Consequences of Activation

"Directors saw the general features of the information, registration, and verification procedures set out in paragraphs 96-122 of the paper as a useful basis for further work. While some Directors considered it desirable to require end-investors to register their claims in order to provide creditors with all relevant information, several other Directors noted that this would involve a significant change from market practice and would not necessarily result in greater transparency. Directors encouraged the staff to continue discussions with the private sector on the appropriate design of the registration and verification procedures, including on approaches that will ensure the transparency and accountability of the process. Several Directors saw merit in exploring means by which much of the registration and verification process could be performed by private parties.

"A key issue in the design of the mechanism is whether to provide a stay on creditor enforcement, either automatically upon activation or upon an affirmative vote by a qualified majority of creditors. While most creditor litigations to date have been pursued after a restructuring, the SDRM might change this dynamic and elicit a proliferation of creditor litigations upon the activation of the mechanism. To safeguard the important protection which a stay could provide to the debtor during the initial stage of a restructuring process and to ensure inter-creditor equity, many Directors saw considerable merit in keeping open, at this stage, the option of imposing an automatic stay on litigation that would remain in place for a brief period until creditors are sufficiently organized to vote on an extension. These Directors observed that such a stay would encourage early engagement of the debtor and creditors in restructuring negotiations.

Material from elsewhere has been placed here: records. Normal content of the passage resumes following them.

-- ===== src/Common/Order.antt =====
-- The order of Python's finite floats, and `min` and `max` of a list.
use Prim.Native.Nat.{ℕ, suc, ◌*◌, ◌≤◌}
use mathlib.Core.Path.{◌≡◌, refl}
use mathlib.Core.Bool.{Bool, true, false, ◌||◌}
use mathlib.Core.Logic.{◌⊎◌, inl, inr}
use mathlib.Core.List.{List, [], ◌∷◌}
use native.Mathlib.Omega.{arith}
use native.Mathlib.Nat.{mul-le-mul_right, le_of_mul-le-mul_right}
use evalops_lab.Common.Tests.{ltb, nat_beq, if◌then◌else◌, Bool-cases}
use evalops_lab.Common.Lists.{All}
use evalops_lab.Common.Number.{Float, FloatLaws, fractions}

-- What holds of `<` and `==` on finite IEEE numbers: `not b < a` is a total preorder, and `a == b`
-- says that neither is less.
pub record OrderLaws (fl : Float) : Type 1 where
  pub lt_asymm : (a b : fl.Number) → fl.lt a b ≡ true → fl.lt b a ≡ false
  pub le_trans : (a b c : fl.Number) → fl.lt b a ≡ false → fl.lt c b ≡ false → fl.lt c a ≡ false
  pub eq_le : (a b : fl.Number) → fl.eq a b ≡ true → fl.lt a b ≡ false

scaled_le :
    (a p b q c r : ℕ)
    → a * suc q ≤ b * suc p
    → b * suc r ≤ c * suc q
    → a * suc r * suc q ≤ c * suc p * suc q
scaled_le a p b q c r h k = grind (arith, mul-le-mul_right (suc r) h, mul-le-mul_right (suc p) k)

fraction_le_trans :
    (a b c : ℕ × ℕ)
    → ltb (b.0 * suc a.1) (a.0 * suc b.1) ≡ false
    → ltb (c.0 * suc b.1) (b.0 * suc c.1) ≡ false
    → ltb (c.0 * suc a.1) (a.0 * suc c.1) ≡ false
fraction_le_trans (a, p) (b, q) (c, r) h k =
    let x : a * suc q ≤ b * suc p = ground (arith, h) in
    let y : b * suc r ≤ c * suc q = ground (arith, k) in
    let z : a * suc r ≤ c * suc p =
      le_of_mul-le-mul_right (scaled_le a p b q c r x y) (omega arith) in
    ground (arith, z)

fraction_lt_asymm :
    (a b : ℕ × ℕ)
    → ltb (a.0 * suc b.1) (b.0 * suc a.1) ≡ true
    → ltb (b.0 * suc a.1) (a.0 * suc b.1) ≡ false
fraction_lt_asymm a b h = ground (arith, h)

fraction_eq_le :
    (a b : ℕ × ℕ)
    → nat_beq (a.0 * suc b.1) (b.0 * suc a.1) ≡ true
    → ltb (a.0 * suc b.1) (b.0 * suc a.1) ≡ false
fraction_eq_le a b h = ground (arith, h)

pub fractions_order : OrderLaws fractions
fractions_order = record {
  lt_asymm = fraction_lt_asymm;
  le_trans = fraction_le_trans;
  eq_le = fraction_eq_le;
}

module _ (fl : Float) where
  open fl use {Number, lt, eq}

  -- `max(xs)` and `min(xs)` of a list that is not empty, the first of several.
  unfoldable pub max_of : Number → List Number → Number
  max_of best [] = best
  max_of best (x ∷ xs) = max_of (if lt best x then x else best) xs

  unfoldable pub min_of : Number → List Number → Number
  min_of best [] = best
  min_of best (x ∷ xs) = min_of (if lt x best then x else best) xs

  -- `sorted(set(xs))`, where the set keeps the last of equal numbers.
  abbrev pub occurs : Number → List Number → Bool
  occurs a [] = false
  occurs a (x ∷ xs) = eq a x || occurs a xs

  abbrev pub distinct : List Number → List Number
  distinct [] = []
  distinct (x ∷ xs) = if occurs x xs then distinct xs else x ∷ distinct xs

-- An element of a list.
abbrev pub In : {A : Type 0} → A → List A → Type 0
In a [] = ⊥
In a (x ∷ xs) = (a ≡ x) ⊎ In a xs

In-choice :
    {A : Type 0} (b : Bool) {m : A} (x best : A) (xs : List A)
    → In m ((if b then x else best) ∷ xs)
    → In m (best ∷ x ∷ xs)
In-choice true x best xs m = inr m
In-choice false x best xs (inl e) = inl e
In-choice false x best xs (inr m) = inr (inr m)

module _ (fl : Float) where
  open fl use {Number, lt}

  pub max_of-In : (best : Number) (xs : List Number) → In (max_of fl best xs) (best ∷ xs)
  unfolding max_of
  max_of-In best [] = inl refl
  max_of-In best (x ∷ xs) =
      In-choice (lt best x) x best xs (max_of-In (if lt best x then x else best) xs)

  pub min_of-In : (best : Number) (xs : List Number) → In (min_of fl best xs) (best ∷ xs)
  unfolding min_of
  min_of-In best [] = inl refl
  min_of-In best (x ∷ xs) =
      In-choice (lt x best) x best xs (min_of-In (if lt x best then x else best) xs)

module _ (fl : Float) (laws : FloatLaws fl) (order : OrderLaws fl) where
  open fl use {Number, lt}

  better :
      (best x : Number)
      → (lt (if lt best x then x else best) best ≡ false)
        × (lt (if lt best x then x else best) x ≡ false)
  better best x = elim (Bool-cases (lt best x)) [
    | inl more ↦ rw more (order.lt_asymm best x more, laws.lt_irrefl x)
    | inr less ↦ rw less (laws.lt_irrefl best, less)
  ]

  -- The maximum is below none.
  pub max_of-ge :
      (best : Number) (xs : List Number)
      → (lt (max_of fl best xs) best ≡ false) × All (λ x. lt (max_of fl best xs) x ≡ false) xs
  unfolding max_of
  max_of-ge best [] = (laws.lt_irrefl best, tt)
  max_of-ge best (x ∷ xs) =
      let next = if lt best x then x else best in
      let (first, rest) = max_of-ge next xs in
      let (b, y) = better best x in
      (order.le_trans best next _ b first, (order.le_trans x next _ y first, rest))

  lesser :
      (best x : Number)
      → (lt best (if lt x best then x else best) ≡ false)
        × (lt x (if lt x best then x else best) ≡ false)
  lesser best x = elim (Bool-cases (lt x best)) [
    | inl less ↦ rw less (order.lt_asymm x best less, laws.lt_irrefl x)
    | inr more ↦ rw more (laws.lt_irrefl best, more)
  ]

  pub min_of-le :
      (best : Number) (xs : List Number)
      → (lt best (min_of fl best xs) ≡ false) × All (λ x. lt x (min_of fl best xs) ≡ false) xs
  unfolding min_of
  min_of-le best [] = (laws.lt_irrefl best, tt)
  min_of-le best (x ∷ xs) =
      let next = if lt x best then x else best in
      let (first, rest) = min_of-le next xs in
      let (b, y) = lesser best x in
      (order.le_trans _ next best first b, (order.le_trans _ next x first y, rest))
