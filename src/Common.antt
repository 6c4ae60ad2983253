-- ===== src/Common.antt =====
-- What the components share: library names passed on, tests, lists, Python dicts and sets, results.
mod Tests
mod Lists
mod Dicts
mod Results
mod Number
mod Sort
mod Counting
mod Order
pub use Tests.*
pub use Lists.*
pub use Dicts.*
pub use Results.*
pub use Number.*
pub use Sort.*
pub use Counting.*
pub use Order.*
pub use Prim.Native.Nat.{ℕ, zero, suc, ◌+◌, ◌-◌, ◌*◌, ◌/◌, ◌%◌, ◌^◌, ◌≤◌, ◌<◌, min, max}
pub use Prim.Native.String.{String}
pub use mathlib.Core.Path.{◌≡◌, refl, sym, ap, ◌∙◌, subst}
pub use mathlib.Core.Logic.{◌≢◌, ◌↔◌, ◌⊎◌, inl, inr}
pub use mathlib.Core.Bool.{Bool, true, false, not, ◌&&◌, ◌||◌}
pub use mathlib.Core.Option.{Option, none, some}
pub use mathlib.Core.List.{List, [], ◌∷◌, ◌++◌, map}
pub use native.Mathlib.Omega.{arith}
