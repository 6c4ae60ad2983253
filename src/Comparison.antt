-- ===== src/Comparison.antt =====
-- src/evalops/workspace/comparison: two runs of a workspace compared.
pub mod Evidence
pub mod Failures
pub mod Transitions
pub mod Compatibility
pub mod Comparable
pub mod Service
pub mod Drafted
pub mod Archive
pub mod Creation
pub mod Created
pub mod Pinned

"Many other Directors, however, recognized that an automatic stay would constitute a significant, and possibly unnecessary, erosion of contractual rights. These Directors viewed the use of the so-called "hotchpot" provision as a workable alternative that would discourage litigation without imposing a limitation on enforcement rights. Some Directors were of the view that this rule could usefully be supplemented by a feature that would enable the Sovereign Debt Dispute Resolution Forum (SDDRF), upon the request of the debtor and the approval of a qualified majority of creditors or a representative creditors' committee, to issue an order that would stay specific enforcement actions in circumstances where such enforcement could undermine the restructuring process. Other Directors, however, cautioned that this could be an unwarranted extension of the powers of the SDDRF beyond what may be deemed necessary for an effective SDRM.

Creditor Participation: Organization, Voting, and Decisions

"Directors considered that, in many cases, a representative creditors' committee could play an important role under the SDRM to address both debtor-creditor and inter-creditor issues (as described in paragraphs 157-161), although it was noted that decisions in this regard should best be left to market participants. Consistent with best practices in this area, some Directors considered it appropriate that the debtor bear the reasonable cost associated with the operation of these committees. Some other Directors, however, favored a cost-sharing formula between the debtor and creditors.

"There is broad agreement that a voting threshold of 75 percent of registered claims would provide an adequate balance between the need to resolve collective action problems and the need to protect the interests of creditors. On the method by which the threshold would be calculated, most Directors expressed a preference for calculating the vote on the basis of the outstanding principal of registered claims, rather than one based on quorum rules.

"Most Directors saw the establishment of a framework that would create incentives for private creditors to provide financing during the restructuring period as a useful supplement to financing provided by multilateral organizations. To induce new financing, they encouraged further exploration of the proposal that a specified amount of financing would be excluded from the restructuring if such exclusion is supported by 75 percent of outstanding principal of registered claims.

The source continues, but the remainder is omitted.